Between widespread drought, climate unpredictability and aging water supply infrastructure, water utilities face increasing pressure to keep up with current levels of water consumption.
However, the recently passed U.S. infrastructure bill, which has allocated $55 billion for water infrastructure — $35 billion of which will go toward incorporating the Drinking Water and Wastewater Infrastructure Act — signals a much-needed shift in the field. While most of the money will go toward making upgrades to outdated water lines, many hope some of this stimulus will go toward innovation for a more resilient water future.

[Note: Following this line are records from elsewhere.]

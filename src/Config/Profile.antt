-- ===== src/Config/Profile.antt =====
-- `GetPrivateProfileString` of src/ini.c. A file is the list of the texts that `fgets` puts into
-- `buf`, and a text is the list of its characters before the NUL.
pub mod Shapes
pub mod Lookup
use libsocket.Base.{
  is_space, ℕ, zero, suc, ◌+◌, ◌-◌, Bool, true, false, ◌&&◌, ◌||◌, ◌==◌, ltb, if◌then◌else◌, Option,
  none, some, List, [], ◌∷◌, length, take,
}
use libsocket.IfIndex.{same_name}

-- `while (isspace (*line)) line++`.
abbrev pub skip_spaces : List ℕ → List ℕ
skip_spaces [] = []
skip_spaces (c ∷ cs) = if is_space c then skip_spaces cs else c ∷ cs

-- The loops that set trailing white space to NUL. On a text without another character they run out
-- of the front of `buf`: that is none.
abbrev pub trim_end : List ℕ → Option (List ℕ)
trim_end [] = none
trim_end (c ∷ cs) = elim (trim_end cs) [
  | none ↦ if is_space c then none else some (c ∷ [])
  | some t ↦ some (c ∷ t)
]

-- The last character of a text, and the text without it.
abbrev pub last_char : ℕ → List ℕ → ℕ
last_char c [] = c
last_char c (d ∷ ds) = last_char d ds

abbrev pub but_last : List ℕ → List ℕ
but_last [] = []
but_last (c ∷ []) = []
but_last (c ∷ (d ∷ ds)) = c ∷ but_last (d ∷ ds)

-- What stands before and behind the first equals sign.
unfoldable pub split_key : List ℕ → Option (List ℕ × List ℕ)
split_key [] = none
split_key (c ∷ cs) = elim (c == b'=') [
  | true ↦ some ([], cs)
  | false ↦ elim (split_key cs) [ none ↦ none | some (k, v) ↦ some (c ∷ k, v) ]
]

-- What a line is: none that counts, the name of a section, or a key, before its trailing white space
-- is cut, with its value.
pub data Line : Type 0 where
  skipped : Line
  section : List ℕ → Line
  entry : List ℕ → List ℕ → Line

unfoldable pub read_trimmed : List ℕ → Line
unfolding split_key
read_trimmed [] = skipped
read_trimmed (c ∷ cs) = elim (c == b'[' && last_char c cs == b']') [
  | true ↦ section (but_last cs)
  | false ↦ elim (split_key (c ∷ cs)) [ none ↦ skipped | some (k, v) ↦ entry k (skip_spaces v) ]
]

-- `none` is a read before the front of `buf`, as on a line of white space alone.
unfoldable pub read_line : List ℕ → Option Line
unfolding read_trimmed
read_line buf = elim (skip_spaces buf) [
  | [] ↦ none
  | c ∷ cs ↦ elim (c == b';' || c == b'#') [
    | true ↦ some skipped
    | false ↦ elim (trim_end (c ∷ cs)) [ none ↦ none | some line ↦ some (read_trimmed line) ]
  ]
]

-- The loop over the lines; the flag is `in_section`. The result is the value that is copied, none
-- where no line has the key; the whole is none where a line or a key within the section is blank.
unfoldable pub find_key : List ℕ → List ℕ → Bool → List (List ℕ) → Option (Option (List ℕ))
unfolding read_line
find_key appname keyname in_section [] = some none
find_key appname keyname in_section (buf ∷ bufs) = elim (read_line buf) [
  | none ↦ none
  | some skipped ↦ find_key appname keyname in_section bufs
  | some (section name) ↦ find_key appname keyname (same_name name appname) bufs
  | some (entry key value) ↦ elim in_section [
    | false ↦ find_key appname keyname false bufs
    | true ↦ elim (trim_end key) [
      | none ↦ none
      | some name ↦ elim (same_name keyname name) [
        | true ↦ some (some value)
        | false ↦ find_key appname keyname true bufs
      ]
    ]
  ]
]

-- A text in a buffer of `destsize` bytes, of which there is one at least.
abbrev pub copied : ℕ → List ℕ → List ℕ
copied destsize text = if ltb destsize (length text + 1) then take (destsize - 1) text else text

abbrev pub default_text : Option (List ℕ) → List ℕ
default_text none = []
default_text (some deflt) = deflt

-- A text in the buffer, with its length as the result.
abbrev pub answer : ℕ → List ℕ → ℕ × List ℕ
answer destsize text = (length (copied destsize text), copied destsize text)

-- What is stored of the outcome of the loop.
abbrev pub stored : Option (List ℕ) → ℕ → Option (Option (List ℕ)) → Option (ℕ × List ℕ)
stored deflt destsize none = none
stored deflt destsize (some none) = some (answer destsize (default_text deflt))
stored deflt destsize (some (some value)) = some (answer destsize value)

-- The result, and the text in the buffer, which was `dest`. The file is none where `fopen` fails.
-- The whole is none where the code leaves its buffers: on a blank line, and on a `dest` without a
-- byte, for which `strncpy` gets the size -1.
unfoldable pub get_private_profile_string :
    Option (List ℕ)
    → Option (List ℕ)
    → Option (List ℕ)
    → List ℕ
    → ℕ
    → Option (List (List ℕ))
    → Option (ℕ × List ℕ)
unfolding find_key
get_private_profile_string none keyname deflt dest destsize file = some (0, dest)
get_private_profile_string (some app) none deflt dest destsize file = some (0, dest)
get_private_profile_string (some app) (some key) deflt dest zero file = none
get_private_profile_string (some app) (some key) deflt dest (suc n) none =
    some (0, copied (suc n) (default_text deflt))
get_private_profile_string (some app) (some key) deflt dest (suc n) (some bufs) =
    stored deflt (suc n) (find_key app key false bufs)
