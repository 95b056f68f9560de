-- ===== src/Scheduler/Threads/Calls.antt =====
-- Whole calls of one thread as runs of its steps, while the other threads stand still.
use wspace_controller.Prelude.{
  ℕ, zero, suc, ◌<◌, ◌≡◌, refl, sym, ap, ◌∙◌, subst, true, false, List, [], ◌∷◌, ◌++◌, arith,
  length, Bool-cases, Option-cases, inl, inr, ◌⊎◌, ◌==◌, ==_iff, if◌then◌else◌,
}
use wspace_controller.Prelude.Result.{Result, ok, ok-injective, >>=-eq-ok}
use wspace_controller.Map.{find, put, has}
use wspace_controller.Map.Laws.{find-put_self, get_or-find, put-put, put-found}
use wspace_controller.NodeId.{NodeId, node_id_eq}
use wspace_controller.Double.{Double, of_nat, pkt_duration}
use wspace_controller.Scheduler.Queue.{Packet, PktQueue, peek_top_pkt_size}
use wspace_controller.Scheduler.Queue
use wspace_controller.Scheduler.Active.{ActiveList}
use wspace_controller.Scheduler.Active
use wspace_controller.Scheduler
use wspace_controller.Scheduler.{
  Status, PktScheduler, Drained, Dequeued, waits, serves, Picked, nobody, client, no_status, pick,
  drain, serve, dequeue,
}
use wspace_controller.Scheduler.History.{
  Call, enqueues, dequeues, computes, step, IsMap, AddsNobody, state_after,
}
use wspace_controller.Scheduler.Threads.{
  Producer, idle, stored, Consumer, resting, taken, serving, peeked, leaving, System, with_queue,
  with_status, with_active, status_at, store, refuse, append, take, drop, begin, peek, send, hold,
  empty, requeue, compute,
}
use wspace_controller.Scheduler.Threads.Safety.{Reach, here, next}

some_length : (n : ℕ) → (n == 0) ≡ false → 0 < n
some_length n e = ground arith

some-==0 : (n : ℕ) → 0 < n → (n == 0) ≡ false
some-==0 n h = ground arith
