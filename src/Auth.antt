-- ===== src/Auth.antt =====
-- AuthService of apps/api/src/auth/auth.service.ts. The refresh tokens are keyed by `token`, the
-- users by `id`. bcrypt, the JWT signature and `toLowerCase` are parameters.
pub mod Laws
pub mod Registration
use nexus_hub_contract.Prelude.{
  ℕ, ◌+◌, ◌*◌, String, Bool, true, false, not, ◌&&◌, ◌||◌, Option, none, some, ⊤, nat_eq, leb, ltb,
  ◌==◌, is_some, if◌then◌else◌,
}
use nexus_hub_contract.Prelude.Int.{ℤ, pos}
use nexus_hub_contract.Model.Enums.{UserRole, UserStatus, user_status_index}
use nexus_hub_contract.Model.Rows.{User, RefreshToken, Balance}
use nexus_hub_contract.Prisma.Client.{Client}
use nexus_hub_contract.Prisma.World.{World, users, balances, refresh_tokens}
use nexus_hub_contract.Prisma.Action.{
  Action, conflict, unauthorized, error, ◌>>=◌, ◌>>◌, pure, throw_if, or_throw, find_unique,
  find_first, create, create_unique, update, update_many, transaction, fresh_id, new_date,
}

pub record RegisterDto : Type 0 where
  pub email : String
  pub password : String
  pub first_name : String
  pub last_name : String
  pub role : UserRole

pub record LoginDto : Type 0 where
  pub email : String
  pub password : String

pub record JwtPayload : Type 0 where
  pub sub : String
  pub email : String
  pub role : UserRole

pub record TokenPair : Type 0 where
  pub access_token : String
  pub refresh_token : String

-- What validateUser selects.
pub record AuthUser : Type 0 where
  pub id : String
  pub email : String
  pub role : UserRole
  pub status : UserStatus

pub record Crypto : Type 0 where
  -- `bcrypt.hash(password, 12)`, with the salt that it draws.
  pub hash : String → String → String
  -- `bcrypt.compare(password, hash)`
  pub compare : String → String → Bool
  -- `jwtService.sign(payload)`, at a time.
  pub sign : JwtPayload → ℕ → String
  pub to_lower_case : String → String

abbrev pub is_suspended : UserStatus → Bool
is_suspended s = nat_eq (user_status_index s) (user_status_index UserStatus.suspended)

-- `setDate(getDate() + 30)`, in milliseconds.
abbrev pub thirty_days : ℕ
thirty_days = 30 * 86_400_000

abbrev pub has_email : String → User → Bool
has_email email u = u.email == email

-- `where: { token: refreshToken, isRevoked: false }`
abbrev pub is_live_token : String → RefreshToken → Bool
is_live_token token t = t.token == token && not t.is_revoked

abbrev pub revoke : RefreshToken → RefreshToken
revoke t = record t { is_revoked = true }

-- `!stored || stored.isRevoked || stored.expiresAt < new Date()`
abbrev pub is_refused : ℕ → Option RefreshToken → Bool
is_refused now none = true
is_refused now (some t) = t.is_revoked || ltb t.expires_at now

module _ (c : Client) (crypto : Crypto) where
  unfoldable pub generate_token_pair : String → String → UserRole → Action c TokenPair
  generate_token_pair user_id email role = do
    now ← new_date
    let payload : JwtPayload = record { sub = user_id; email = email; role = role }
    refresh_token ← fresh_id
    id ← fresh_id
    create (refresh_tokens c) refresh_token (record {
      id = id;
      token = refresh_token;
      user_id = user_id;
      expires_at = now + thirty_days;
      is_revoked = false;
    })
    pure (record { access_token = crypto.sign payload now; refresh_token = refresh_token })

  -- The transaction of register.
  unfoldable pub create_user : RegisterDto → String → Action c User
  create_user dto password_hash = transaction do
    id ← fresh_id
    let email = crypto.to_lower_case dto.email
    new_user ← create_unique (users c) id (has_email email) (record {
      id = id;
      email = email;
      password_hash = password_hash;
      role = dto.role;
      status = UserStatus.pending_verification;
      first_name = dto.first_name;
      last_name = dto.last_name;
      stellar_public_key = none;
      stellar_secret_encrypted = none;
    })
    create (balances c) id
        (record { user_id = id; available_amount = pos 0; reserved_amount = pos 0; version = 0 })
    pure new_user

  unfoldable pub register : RegisterDto → Action c TokenPair
  unfolding generate_token_pair create_user
  register dto = do
    existing ← find_first (users c) (has_email dto.email)
    throw_if (is_some existing) (conflict "Email already registered")
    salt ← fresh_id
    user ← create_user dto (crypto.hash salt dto.password)
    generate_token_pair user.id user.email user.role

  unfoldable pub login : LoginDto → Action c TokenPair
  unfolding generate_token_pair
  login dto = do
    found ← find_first (users c) (has_email (crypto.to_lower_case dto.email))
    user ← or_throw found (unauthorized "Invalid credentials")
    throw_if (not (crypto.compare dto.password user.password_hash))
        (unauthorized "Invalid credentials")
    throw_if (is_suspended user.status) (unauthorized "Account suspended. Contact support.")
    generate_token_pair user.id user.email user.role

  -- The row of the token is the one with the id `stored.id`.
  unfoldable pub refresh : String → Action c TokenPair
  unfolding generate_token_pair
  refresh refresh_token = do
    stored ← find_unique (refresh_tokens c) refresh_token
    now ← new_date
    throw_if (is_refused now stored) (unauthorized "Invalid or expired refresh token")
    token ← or_throw stored (unauthorized "Invalid or expired refresh token")
    owner ← find_unique (users c) token.user_id
    update (refresh_tokens c) refresh_token revoke
    user ← or_throw owner (error "Cannot read properties of null (reading 'id')")
    generate_token_pair user.id user.email user.role

module _ (c : Client) where
  unfoldable pub logout : String → Action c ⊤
  logout refresh_token = do
    update_many (refresh_tokens c) (is_live_token refresh_token) revoke
    pure tt

  unfoldable pub validate_user : JwtPayload → Action c (Option AuthUser)
  validate_user payload = do
    found ← find_unique (users c) payload.sub
    pure (elim found [
      | none ↦ none
      | some u ↦
          if is_suspended u.status
          then none
          else some (record { id = u.id; email = u.email; role = u.role; status = u.status })
    ])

During a recent panel at VERGE 21, water infrastructure experts weighed in on how new off-grid technologies such as zero-source water and micro-desalination could help create sustainable water supplies for remote communities and curtail water scarcity. Advancements in decentralized water systems reimagine the existing water infrastructure, much of which has failed to change over the past several decades, empowering even communities that have previously been underserved by water utilities to accelerate towards an environmentally conscious infrastructure of the 21st century.
“The role of distributed new technologies is not only solving the water problem, but doing it in harmony with nature,” said panelist Neil Grimmer, who serves as brand president of Source Global, a company that has developed technology to draw water from air. “We’ve taken a brute force approach through the Industrial Revolution and beyond to where we are today … We have to take a stance and say that it is no longer acceptable to have byproducts [of water] that are damaging the environment.”